> [What this task involves]:
Write out the data below exactly, beginning with the first line and ending once the line that has "All-filter p (x" is written.

[Collected data entries]

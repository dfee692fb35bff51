-- ===== src/Admission.antt =====
-- The admission of jobs to the bounded analysis queue
-- (apps/api/src/boardtrace_api/queue_admission.py): two jobs are active, three wait in order.
pub mod Redis
pub mod Scripts
pub mod Invariant
pub mod Enter
pub mod Leave
pub mod Complete
pub mod Calls
pub mod Order
pub mod Deadlines
pub mod Line
pub mod Refinement
mod Tests
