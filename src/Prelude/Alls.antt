-- ===== src/Prelude/Alls.antt =====
-- Predicates that hold of every element, under the operations on lists.
use Prim.Native.Nat.{ℕ}
use mathlib.Core.Path.{◌≡◌, refl}
use mathlib.Core.Logic.{inl, inr}
use mathlib.Core.Bool.{Bool, true, false, not}
use mathlib.Core.Option.{some}
use mathlib.Core.List.{List, [], ◌∷◌, ◌++◌, map}
use native.Mathlib.Omega.{arith}
use boardtrace.Prelude.Tests.{◌==◌, if◌then◌else◌, Bool-cases, is_some}
use boardtrace.Prelude.Lists.{filter, find, put_by, All}

module _ {A : Type 0} (P : A → Type 0) where
  pub All-append : (xs ys : List A) → All P xs → All P ys → All P (xs ++ ys)
  All-append [] ys a b = b
  All-append (x ∷ xs) ys (p, a) b = (p, All-append xs ys a b)

  All-if : (b : Bool) (xs ys : List A) → All P xs → All P ys → All P (if b then xs else ys)
  All-if true xs ys a b = a
  All-if false xs ys a b = b

  pub All-filter : (p : A → Bool) (xs : List A) → All P xs → All P (filter p xs)
  All-filter p [] a = tt
  All-filter p (x ∷ xs) (h, a) =
      let rest = All-filter p xs a in All-if (p x) (x ∷ filter p xs) (filter p xs) (h, rest) rest

  pub All-imp : (Q : A → Type 0) (xs : List A) → ((x : A) → P x → Q x) → All P xs → All Q xs
  All-imp Q [] f a = tt
  All-imp Q (x ∷ xs) f (p, a) = (f x p, All-imp Q xs f a)

  pub All-map : {B : Type 0} (g : B → A) (xs : List B) → ((x : B) → P (g x)) → All P (map g xs)
  All-map g [] f = tt
  All-map g (x ∷ xs) f = (f x, All-map g xs f)

  pub find-All : (p : A → Bool) (xs : List A) {a : A} → All P xs → find p xs ≡ some a → P a
  find-All p [] a h = absurd (ground arith)
  find-All p (x ∷ xs) {a} (h, all) found = elim (Bool-cases (p x)) [
    | inl hit ↦ let same : a ≡ x = ground arith in rw same h
    | inr miss ↦ find-All p xs all (ground arith)
  ]

  pub All-everything : (xs : List A) → ((x : A) → P x) → All P xs
  All-everything [] f = tt
  All-everything (x ∷ xs) f = (f x, All-everything xs f)

  pub All-put_by :
      (key : A → ℕ) (row : A) (xs : List A) → P row → All P xs → All P (put_by key row xs)
  unfolding put_by
  All-put_by key row [] h a = tt
  All-put_by key row (x ∷ xs) h (p, a) =
      All-if (key x == key row) (row ∷ xs) (x ∷ put_by key row xs) (h, a)
        (p, All-put_by key row xs h a)

module _ {A : Type 0} where
  pub filter-append :
      (p : A → Bool) (xs ys : List A) → filter p (xs ++ ys) ≡ filter p xs ++ filter p ys
  filter-append p [] ys = refl
  filter-append p (x ∷ xs) ys = ground (arith, filter-append p xs ys)

  pub filter-all : (p : A → Bool) (xs : List A) → All (λ x. p x ≡ true) xs → filter p xs ≡ xs
  filter-all p [] a = refl
  filter-all p (x ∷ xs) (h, a) = rw (h, filter-all p xs a) refl

  pub filter-none : (p : A → Bool) (xs : List A) → All (λ x. p x ≡ false) xs → filter p xs ≡ []
  filter-none p [] a = refl
  filter-none p (x ∷ xs) (h, a) = rw (h, filter-none p xs a) refl

  pub filter-not : (p : A → Bool) (xs : List A) → filter p (filter (λ x. not (p x)) xs) ≡ []
  filter-not p [] = refl
  filter-not p (x ∷ xs) = elim (Bool-cases (p x)) [
    | inl hit ↦ ground (arith, filter-not p xs)
    | inr miss ↦ ground (arith, filter-not p xs)
  ]

  -- The first row of a wider test that passes a narrower one is the first of the narrower one.
  pub find-narrow :
      (p q : A → Bool) (xs : List A) {a : A}
      → All (λ x. q x ≡ true → p x ≡ true) xs
      → find p xs ≡ some a
      → q a ≡ true
      → find q xs ≡ some a
  find-narrow p q [] w h e = absurd (ground arith)
  find-narrow p q (x ∷ xs) {a} (w, ws) h e = elim (Bool-cases (p x)) [
    | inl hit ↦ let same : x ≡ a = ground arith in ground arith
    | inr miss ↦ elim (Bool-cases (q x)) [
      | inl also ↦ absurd (ground (arith, w also))
      | inr other ↦
          let rest : find q xs ≡ some a = find-narrow p q xs ws (ground arith) e in ground arith
    ]
  ]

  pub is_some-find-put_by :
      (key : A → ℕ) (k : ℕ) (row : A) (xs : List A)
      → is_some (find (λ x. key x == k) xs) ≡ true
      → is_some (find (λ x. key x == k) (put_by key row xs)) ≡ true
  unfolding put_by
  is_some-find-put_by key k row [] h = h
  is_some-find-put_by key k row (x ∷ xs) h = elim (Bool-cases (key x == k)) [
    | inl hit ↦ ground arith
    | inr miss ↦
        let rest : is_some (find (λ x. key x == k) (put_by key row xs)) ≡ true =
          is_some-find-put_by key k row xs (ground arith) in
        ground arith
  ]

  pub is_some-find-append :
      (p : A → Bool) (xs ys : List A)
      → is_some (find p xs) ≡ true
      → is_some (find p (xs ++ ys)) ≡ true
  is_some-find-append p [] ys h = absurd (ground arith)
  is_some-find-append p (x ∷ xs) ys h = elim (Bool-cases (p x)) [
    | inl hit ↦ ground arith
    | inr miss ↦
        let rest : is_some (find p (xs ++ ys)) ≡ true =
          is_some-find-append p xs ys (ground arith) in
        ground arith
  ]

> [Task solution]:
repository dfee692fb35bff51
-- ===== src/Admission.antt =====
-- The admission of jobs to the bounded analysis queue
-- (apps/api/src/boardtrace_api/queue_admission.py): two jobs are active, three wait in order.
pub mod Redis
pub mod Scripts
pub mod Invariant
pub mod Enter
pub mod Leave
pub mod Complete
pub mod Calls
pub mod Order
pub mod Deadlines
pub mod Line
pub mod Refinement
mod Tests
filename src/Prelude/Alls.antt
-- ===== src/Prelude/Alls.antt =====
-- Predicates that hold of every element, under the operations on lists.
use Prim.Native.Nat.{ℕ}
use mathlib.Core.Path.{◌≡◌, refl}
use mathlib.Core.Logic.{inl, inr}
use mathlib.Core.Bool.{Bool, true, false, not}
use mathlib.Core.Option.{some}
use mathlib.Core.List.{List, [], ◌∷◌, ◌++◌, map}
use native.Mathlib.Omega.{arith}
use boardtrace.Prelude.Tests.{◌==◌, if◌then◌else◌, Bool-cases, is_some}
use boardtrace.Prelude.Lists.{filter, find, put_by, All}

module _ {A : Type 0} (P : A → Type 0) where
  pub All-append : (xs ys : List A) → All P xs → All P ys → All P (xs ++ ys)
  All-append [] ys a b = b
  All-append (x ∷ xs) ys (p, a) b = (p, All-append xs ys a b)

  All-if : (b : Bool) (xs ys : List A) → All P xs → All P ys → All P (if b then xs else ys)
  All-if true xs ys a b = a
  All-if false xs ys a b = b

  pub All-filter : (p : A → Bool) (xs : List A) → All P xs → All P (filter p xs)
  All-filter p [] a = tt
  All-filter p (x ∷ xs) (h, a) =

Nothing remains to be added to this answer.